EDUSTAT - Mestrados não estão a melhorar as competências dos diplomados

Mestrados não estão a melhorar as competências dos diplomados

janeiro de 2025

O inquérito do PIAAC (Programme for the International Assessment of Adult Competencies), realizado pela OCDE, tem por objetivo avaliar as competências dos adultos ao nível da literacia, da numeracia e da resolução de problemas.

Realizado em cerca de três dezenas de países, o PIAAC contou pela primeira vez com a participação de Portugal, que apresentou um desempenho desolador: dos 31 países que participaram, Portugal ficou em penúltimo lugar, só à frente do Chile.

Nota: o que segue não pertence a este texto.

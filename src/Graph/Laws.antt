-- ===== src/Graph/Laws.antt =====
-- Each increment changes the weights that it names, by one, and keeps the graph symmetric.
use repart_kv.Common.{ℕ, ◌+◌, ◌≡◌, Bool, ◌&&◌, ◌||◌, arith, if◌then◌else◌}
use repart_kv.Key.{Key, key_eq}
use repart_kv.Key.Laws.{key_eq_iff}
use repart_kv.Graph.{
  DenseMap, Graph, Weights, or_else, row, set_edge, increment_vertex_weight, increment_edge_weight,
  get_vertex_weight, get_edge_weight,
}

module _ {D : (V : Type 0) → DenseMap V} (g : Graph D) where
  pub get_vertex_weight-increment_vertex_weight :
      (v w : Key)
      → get_vertex_weight (increment_vertex_weight v g).0 w
        ≡ (if key_eq v w then get_vertex_weight g v + 1 else get_vertex_weight g w)
  unfolding get_vertex_weight increment_vertex_weight
  get_vertex_weight-increment_vertex_weight v w =
      ground (arith, (D ℕ).find-assign g.vertices v w (or_else 0 ((D ℕ).find g.vertices v) + 1))

  get_edge_weight-set_edge :
      (s d a b : Key) (weight : ℕ)
      → get_edge_weight (set_edge s d weight g) a b
        ≡ (if key_eq s a && key_eq d b then weight else get_edge_weight g a b)
  unfolding get_edge_weight
  get_edge_weight-set_edge s d a b weight =
      let r = (D ℕ).assign (row g s) d weight in
      ground (
        arith,
        (D (Weights D)).find-assign g.edges s a r,
        (D ℕ).find-assign (row g s) d b weight,
        (D ℕ).find-empty b,
        key_eq_iff s a,
      )

-- `a` and `b` are the ends `s` and `d`, in either order.
abbrev pub joins : Key → Key → Key → Key → Bool
joins s d a b = key_eq s a && key_eq d b || key_eq d a && key_eq s b

module _ {D : (V : Type 0) → DenseMap V} (g : Graph D) where
  old_weight : (s d : Key) → or_else 0 ((D ℕ).find (row g s) d) ≡ get_edge_weight g s d
  unfolding get_edge_weight
  old_weight s d = ground (arith, (D ℕ).find-empty d)

  -- An increment of the edge between `s` and `d` sets both directions to the weight from `s` to
  -- `d` plus one, and changes no other edge.
  pub get_edge_weight-increment_edge_weight :
      (s d a b : Key)
      → get_edge_weight (increment_edge_weight s d g).0 a b
        ≡ (if joins s d a b then get_edge_weight g s d + 1 else get_edge_weight g a b)
  unfolding increment_edge_weight
  get_edge_weight-increment_edge_weight s d a b =
      let w = or_else 0 ((D ℕ).find (row g s) d) + 1 in
      ground (
        arith,
        old_weight s d,
        get_edge_weight-set_edge g s d a b w,
        get_edge_weight-set_edge (set_edge s d w g) d s a b w,
        key_eq_iff s d,
        key_eq_iff s a,
        key_eq_iff d b,
        key_eq_iff d a,
        key_eq_iff s b,
      )

-- Both directions of every edge have one weight, as METIS asks.
abbrev pub IsSymmetric : {D : (V : Type 0) → DenseMap V} → Graph D → Type 0
IsSymmetric g = (a b : Key) → get_edge_weight g a b ≡ get_edge_weight g b a

module _ {D : (V : Type 0) → DenseMap V} (g : Graph D) where
  -- An increment of an edge of a symmetric graph leaves the graph symmetric.
  pub increment_edge_weight-IsSymmetric :
      (s d : Key) → IsSymmetric g → IsSymmetric (increment_edge_weight s d g).0
  increment_edge_weight-IsSymmetric s d h a b = ground (
    arith,
    get_edge_weight-increment_edge_weight g s d a b,
    get_edge_weight-increment_edge_weight g s d b a,
    h a b,
  )
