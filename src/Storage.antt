-- ===== src/Storage.antt =====
-- storage/Status.h and storage/StorageEngine.h: the base class of the engines, over the interface
-- that an engine implements (its `*_impl` methods).
pub mod Map
pub mod Laws
use repart_kv.Common.{
  ℕ, ◌+◌, ◌%◌, ◌^◌, ◌≡◌, Option, none, some, List, [], ◌∷◌, take, ltb, if◌then◌else◌,
}
use repart_kv.Key.{Key, Value}
use repart_kv.SortedMap.{Entries, lookup, insert, erase, lower_bound, IsSorted}

pub data Status : Type 0 where
  pending success not_found error : Status

-- What a lookup with an out parameter gives: on a miss the parameter keeps its value.
abbrev pub found_or : Value → Option Value → Status × Value
found_or old none = (not_found, old)
found_or old (some v) = (success, v)

-- A scan that was asked for something and found nothing says so.
abbrev pub scan_status : ℕ → Entries Value → Status
scan_status limit [] = if ltb 0 limit then not_found else success
scan_status limit (e ∷ m) = success

-- What the partitioned stores ask of an engine class: its methods, and that they behave as those
-- of an ordered map whose writes do not fail.
pub record Backend : Type 1 where
  pub Store : Type 0
  pub create : ℕ → Value → Store
  pub read_impl : Store → Key → Value → Status × Value
  pub write_impl : Store → Key → Value → Store × Status
  pub remove_impl : Store → Key → Value → Store × Status × Value
  pub scan_impl : Store → Key → ℕ → Entries Value → Status × Entries Value
  pub find_impl : Store → Key → Value → Status × Value
  pub contents : Store → Entries Value
  pub IsValid : Store → Type 0
  pub create-IsValid : (level : ℕ) (path : Value) → IsValid (create level path)
  pub write_impl-IsValid :
      (s : Store) (k : Key) (v : Value) → IsValid s → IsValid (write_impl s k v).0
  pub remove_impl-IsValid :
      (s : Store) (k : Key) (old : Value) → IsValid s → IsValid (remove_impl s k old).0
  pub contents-IsSorted : (s : Store) → IsValid s → IsSorted (contents s)
  pub contents-create : (level : ℕ) (path : Value) → contents (create level path) ≡ []
  pub read_impl_lem :
      (s : Store) (k : Key) (old : Value) → read_impl s k old ≡ found_or old (lookup k (contents s))
  pub find_impl_lem :
      (s : Store) (k : Key) (old : Value) → find_impl s k old ≡ found_or old (lookup k (contents s))
  pub write_impl-status : (s : Store) (k : Key) (v : Value) → (write_impl s k v).1 ≡ success
  pub contents-write_impl :
      (s : Store) (k : Key) (v : Value) → contents (write_impl s k v).0 ≡ insert k v (contents s)
  pub contents-remove_impl :
      (s : Store) (k : Key) (old : Value) → contents (remove_impl s k old).0 ≡ erase k (contents s)
  pub scan_impl_lem :
      (s : Store) (k : Key) (limit : ℕ) (old : Entries Value)
      → scan_impl s k limit old
        ≡ (scan_status limit (lower_bound k (contents s)), take limit (lower_bound k (contents s)))

pub record StorageEngine (B : Backend) : Type 0 where
  pub level : ℕ
  pub operation_count : ℕ
  pub path : Value
  pub store : B.Store

-- `operation_count_.fetch_add(1)` on an `atomic_size_t`
abbrev pub counted : ℕ → ℕ
counted n = (n + 1) % 2 ^ 64

module _ {B : Backend} where
  unfoldable pub create : ℕ → Value → StorageEngine B
  create level path = record {
    level = level;
    operation_count = 0;
    path = path;
    store = B.create level path;
  }

  unfoldable pub read : StorageEngine B → Key → Value → StorageEngine B × Status × Value
  read e key value =
      let (status, value') = B.read_impl e.store key value in
      (record e { operation_count = counted e.operation_count }, status, value')

  unfoldable pub write : StorageEngine B → Key → Value → StorageEngine B × Status
  write e key value =
      let (store', status) = B.write_impl e.store key value in
      (record e { operation_count = counted e.operation_count; store = store' }, status)

  unfoldable pub scan :
      StorageEngine B → Key → ℕ → Entries Value → StorageEngine B × Status × Entries Value
  scan e key_start limit results =
      let (status, results') = B.scan_impl e.store key_start limit results in
      (record e { operation_count = counted e.operation_count }, status, results')

  unfoldable pub remove : StorageEngine B → Key → Value → StorageEngine B × Status × Value
  remove e key removed_value =
      let (store', status, value') = B.remove_impl e.store key removed_value in
      (record e { operation_count = counted e.operation_count; store = store' }, status, value')

  abbrev pub contents : StorageEngine B → Entries Value
  contents e = B.contents e.store
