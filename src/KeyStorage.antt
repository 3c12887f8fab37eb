-- ===== src/KeyStorage.antt =====
-- keystorage/KeyStorage.h and KeyStorageIterator.h: the interface of the maps from keys to
-- partitions, which the partitioned stores take as a class parameter.
pub mod Map
pub mod Insert
use repart_kv.Common.{ℕ, ◌≡◌, Bool, true, false, Option, none, some, [], ◌∷◌, take, if◌then◌else◌}
use repart_kv.Key.{Key, Value, key_eq}
use repart_kv.SortedMap.{Entries, lookup, insert, lower_bound, IsSorted}
use repart_kv.SortedMap.Laws.{lookup-insert}

-- The methods, and that they behave as those of a map ordered by key. `get` returns `false` and
-- leaves its out parameter alone on a miss: `none`.
pub record KeyStorage (V : Type 0) : Type 1 where
  pub Store : Type 0
  pub Iterator : Type 0
  pub create : Value → Store
  pub get : Store → Key → Option V
  pub put : Store → Key → V → Store
  -- whether the key was there, and the value found or inserted
  pub get_or_insert : Store → Key → V → Store × Bool × V
  pub scan : Store → Key → ℕ → Entries V
  pub lower_bound_of : Store → Key → Iterator
  pub is_end : Iterator → Bool
  pub get_key : Iterator → Key
  pub get_value : Iterator → V
  pub next : Iterator → Iterator
  pub entries : Store → Entries V
  pub rest : Iterator → Entries V
  pub IsValid : Store → Type 0
  pub create-IsValid : (path : Value) → IsValid (create path)
  pub put-IsValid : (s : Store) (k : Key) (v : V) → IsValid s → IsValid (put s k v)
  pub entries-IsSorted : (s : Store) → IsValid s → IsSorted (entries s)
  pub entries-create : (path : Value) → entries (create path) ≡ []
  pub get_lem : (s : Store) (k : Key) → get s k ≡ lookup k (entries s)
  pub entries-put : (s : Store) (k : Key) (v : V) → entries (put s k v) ≡ insert k v (entries s)
  pub get_or_insert_old :
      (s : Store) (k : Key) (v w : V)
      → lookup k (entries s) ≡ some w
      → get_or_insert s k v ≡ (s, true, w)
  pub get_or_insert_new :
      (s : Store) (k : Key) (v : V)
      → lookup k (entries s) ≡ none
      → get_or_insert s k v ≡ (put s k v, false, v)
  pub scan_lem :
      (s : Store) (k : Key) (limit : ℕ) → scan s k limit ≡ take limit (lower_bound k (entries s))
  pub rest-lower_bound_of :
      (s : Store) (k : Key) → rest (lower_bound_of s k) ≡ lower_bound k (entries s)
  pub is_end_lem : (it : Iterator) → is_end it ≡ elim (rest it) [ [] ↦ true | e ∷ m ↦ false ]
  pub at_entry :
      (it : Iterator) (e : Key × V) (m : Entries V)
      → rest it ≡ e ∷ m
      → (get_key it ≡ e.0) × (get_value it ≡ e.1) × (rest (next it) ≡ m)

module _ {V : Type 0} (P : KeyStorage V) where
  -- The mapping after a `put`.
  pub get-put :
      (s : P.Store) (k j : Key) (v : V)
      → P.get (P.put s k v) j ≡ (if key_eq k j then some v else P.get s j)
  get-put s k j v =
      rw (P.get_lem (P.put s k v) j, P.entries-put s k v, P.get_lem s j)
        (lookup-insert k j v (P.entries s))
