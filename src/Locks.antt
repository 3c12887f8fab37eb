-- ===== src/Locks.antt =====
-- The mutexes that one thread of a partitioned store takes (`key_map_lock_` and the vector
-- `partition_locks_`, all `std::shared_mutex`): what the thread holds, oldest first.
use repart_kv.Common.{
  ℕ, ◌≡◌, refl, Bool, true, false, List, [], ◌∷◌, ◌++◌, ◌||◌, ◌==◌, ltb, if◌then◌else◌, arith,
}
use repart_kv.Common.Result.{Result, ok, err, not_owned, self_deadlock, bad_index}

pub data Lock : Type 0 where
  key_map : Lock
  partition : ℕ → Lock

pub data Hold : Type 0 where
  shared exclusive : Lock → Hold

unfoldable pub same_lock : Lock → Lock → Bool
same_lock key_map key_map = true
same_lock (partition p) (partition q) = p == q
same_lock _ _ = false

unfoldable pub is_held : Lock → List Hold → Bool
unfolding same_lock
is_held l [] = false
is_held l (shared m ∷ hs) = same_lock l m || is_held l hs
is_held l (exclusive m ∷ hs) = same_lock l m || is_held l hs

-- A thread that holds a `shared_mutex` in any mode must not lock it.
unfoldable pub lock : Lock → List Hold → Result (List Hold)
unfolding is_held
lock l hs = if is_held l hs then err self_deadlock else ok (hs ++ exclusive l ∷ [])

unfoldable pub lock_shared : Lock → List Hold → Result (List Hold)
unfolding is_held
lock_shared l hs = if is_held l hs then err self_deadlock else ok (hs ++ shared l ∷ [])

abbrev keep : Hold → Result (List Hold) → Result (List Hold)
keep h (ok hs) = ok (h ∷ hs)
keep h (err e) = err e

-- A release in a mode in which the thread does not own the mutex is undefined.
unfoldable pub unlock : Lock → List Hold → Result (List Hold)
unfolding same_lock
unlock l [] = err not_owned
unlock l (exclusive m ∷ hs) =
    let rest = unlock l hs in if same_lock l m then ok hs else keep (exclusive m) rest
unlock l (shared m ∷ hs) = keep (shared m) (unlock l hs)

unfoldable pub unlock_shared : Lock → List Hold → Result (List Hold)
unfolding same_lock
unlock_shared l [] = err not_owned
unlock_shared l (shared m ∷ hs) =
    let rest = unlock_shared l hs in if same_lock l m then ok hs else keep (shared m) rest
unlock_shared l (exclusive m ∷ hs) = keep (exclusive m) (unlock_shared l hs)

-- `partition_locks_[p]->…`, for a vector of `n` mutexes
abbrev pub within : ℕ → ℕ → Result (List Hold) → Result (List Hold)
within n p r = if ltb p n then r else err bad_index

pub unlock_shared_head : (l : Lock) (hs : List Hold) → unlock_shared l (shared l ∷ hs) ≡ ok hs
unfolding unlock_shared
unlock_shared_head key_map hs = refl
unlock_shared_head (partition p) hs = ground arith

pub unlock_head : (l : Lock) (hs : List Hold) → unlock l (exclusive l ∷ hs) ≡ ok hs
unfolding unlock
unlock_head key_map hs = refl
unlock_head (partition p) hs = ground arith
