-- ===== src/Tracking.antt =====
-- kvstorage/Tracker.h, as its clients see it: the methods that the partitioned stores call, and
-- that a partitioning which `prepare_for_partition_map_update` announces is complete and in range.
use repart_kv.Common.{ℕ, ◌<◌, ◌≡◌, Bool, true, List, length, All}
use repart_kv.Key.{Key}

pub record Tracking : Type 1 where
  pub State : Type 0
  pub create : State
  -- whether the graph has reached its size limit
  pub update : State → Key → State × Bool
  pub multi_update : State → List Key → State × Bool
  pub prepare_for_partition_map_update : State → ℕ → State × Bool
  pub get_metis_partitions : State → List ℕ
  pub get_idx_to_vertex : State → List Key
  pub lock_and_clear_graph : State → State
  pub partitions-length :
      (t : State) (n : ℕ)
      → (prepare_for_partition_map_update t n).1 ≡ true
      → length (get_metis_partitions (prepare_for_partition_map_update t n).0)
        ≡ length (get_idx_to_vertex (prepare_for_partition_map_update t n).0)
  pub partitions-InRange :
      (t : State) (n : ℕ)
      → (prepare_for_partition_map_update t n).1 ≡ true
      → All (λ p. p < n) (get_metis_partitions (prepare_for_partition_map_update t n).0)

Estes resultados demonstram o desalinhamento entre a formação superior em Portugal e o desenvolvimento de competências ao nível da literacia, da numeracia e da resolução de problemas.

Por exemplo, os países da OCDE têm, em média, cerca de 14% da população com mestrado e 1% com doutoramento, e 12% atingem os escalões mais elevados de literacia. Pelo contrário, Portugal tem maior percentagem da população com mestrado (19%), mantendo 1% com doutoramento, mas apenas 4% com os níveis mais elevados de literacia, o que questiona a qualidade dos mestrados oferecidos.

O mestrado 2.º ciclo é uma consequência do processo de Bolonha que veio criar o sistema de dois ciclos (licenciatura + mestrado), substituindo o mestrado tradicional. O crescimento do número de estudantes de mestrado foi muito rápido, em particular nas áreas em que a licenciatura foi reduzida a três anos e, a partir de 2020, devido à eliminação dos mestrados integrados por exemplo nas engenharias e nos cursos de Psicologia. Também se verifica que “a obtenção do mestrado, em média, compensa em termos de resultados no mercado de trabalho. De acordo com os dados do Eurostat para 2021, os detentores de mestrado tinham, em Portugal, uma taxa média de empregabilidade de 92,5% face a somente 82,8% dos detentores de licenciatura. Adicionalmente, o rácio salarial entre mestrado e licenciatura tem vindo a aumentar desde 2013, tendo atingido 1,24 em 2022.



Alunos e diplomados com mestrado (2.º ciclo de Bolonha)

A oferta de mestrados tem vindo a aumentar nos últimos anos, sendo já superior a 1500. A evolução do número de diplomados, sendo bastante inferior ao número de inscritos, aponta para uma falta de eficiência formativa. Estes indícios estão confirmados pelo facto de a taxa de abandono ao fim do primeiro ano ser demasiado elevada (próxima de 30%), enquanto a taxa de sobrevivência (rácio entre o número de diplomados e o número de inscritos no 1.º ano pela 1.ª vez), com valores em torno dos 60%, ser consistente com uma baixa eficiência formativa.



Segundo Aguiar-Conraria, num contexto de subfinanciamento as instituições preocupam-se mais em gerar receitas com os mestrados do que em se focarem na qualidade da educação e na experiência de aprendizagem dos estudantes. Isto é facilitado pelo facto de as instituições operarem num mercado livre: admitem alunos sem as restrições do numerus clausus, decidem quem admitir e fixam as propinas. De acordo com Silva e Sarrico, a baixa eficiência formativa é resultado de fatores como “a baixa exigência de admissão em programas de mestrado, com alunos a entrarem sem as competências necessárias para progredir e concluir com sucesso, a acumulação do estudo com atividades profissionais, falta de recursos materiais e humanos para apoio adequado aos estudantes (o número de orientandos por docente tem vindo a subir muito)”. Os dados do PIAAC vêm responder às dúvidas de Silva e Sarrico: “em que medida o mestrado está de facto a elevar as competências dos diplomados, ou sobretudo a servir como credencial que está a ser utilizada pelos empregadores para triarem e diferenciarem entre candidatos a empregos e ajudá-los a tomar decisões de recrutamento”.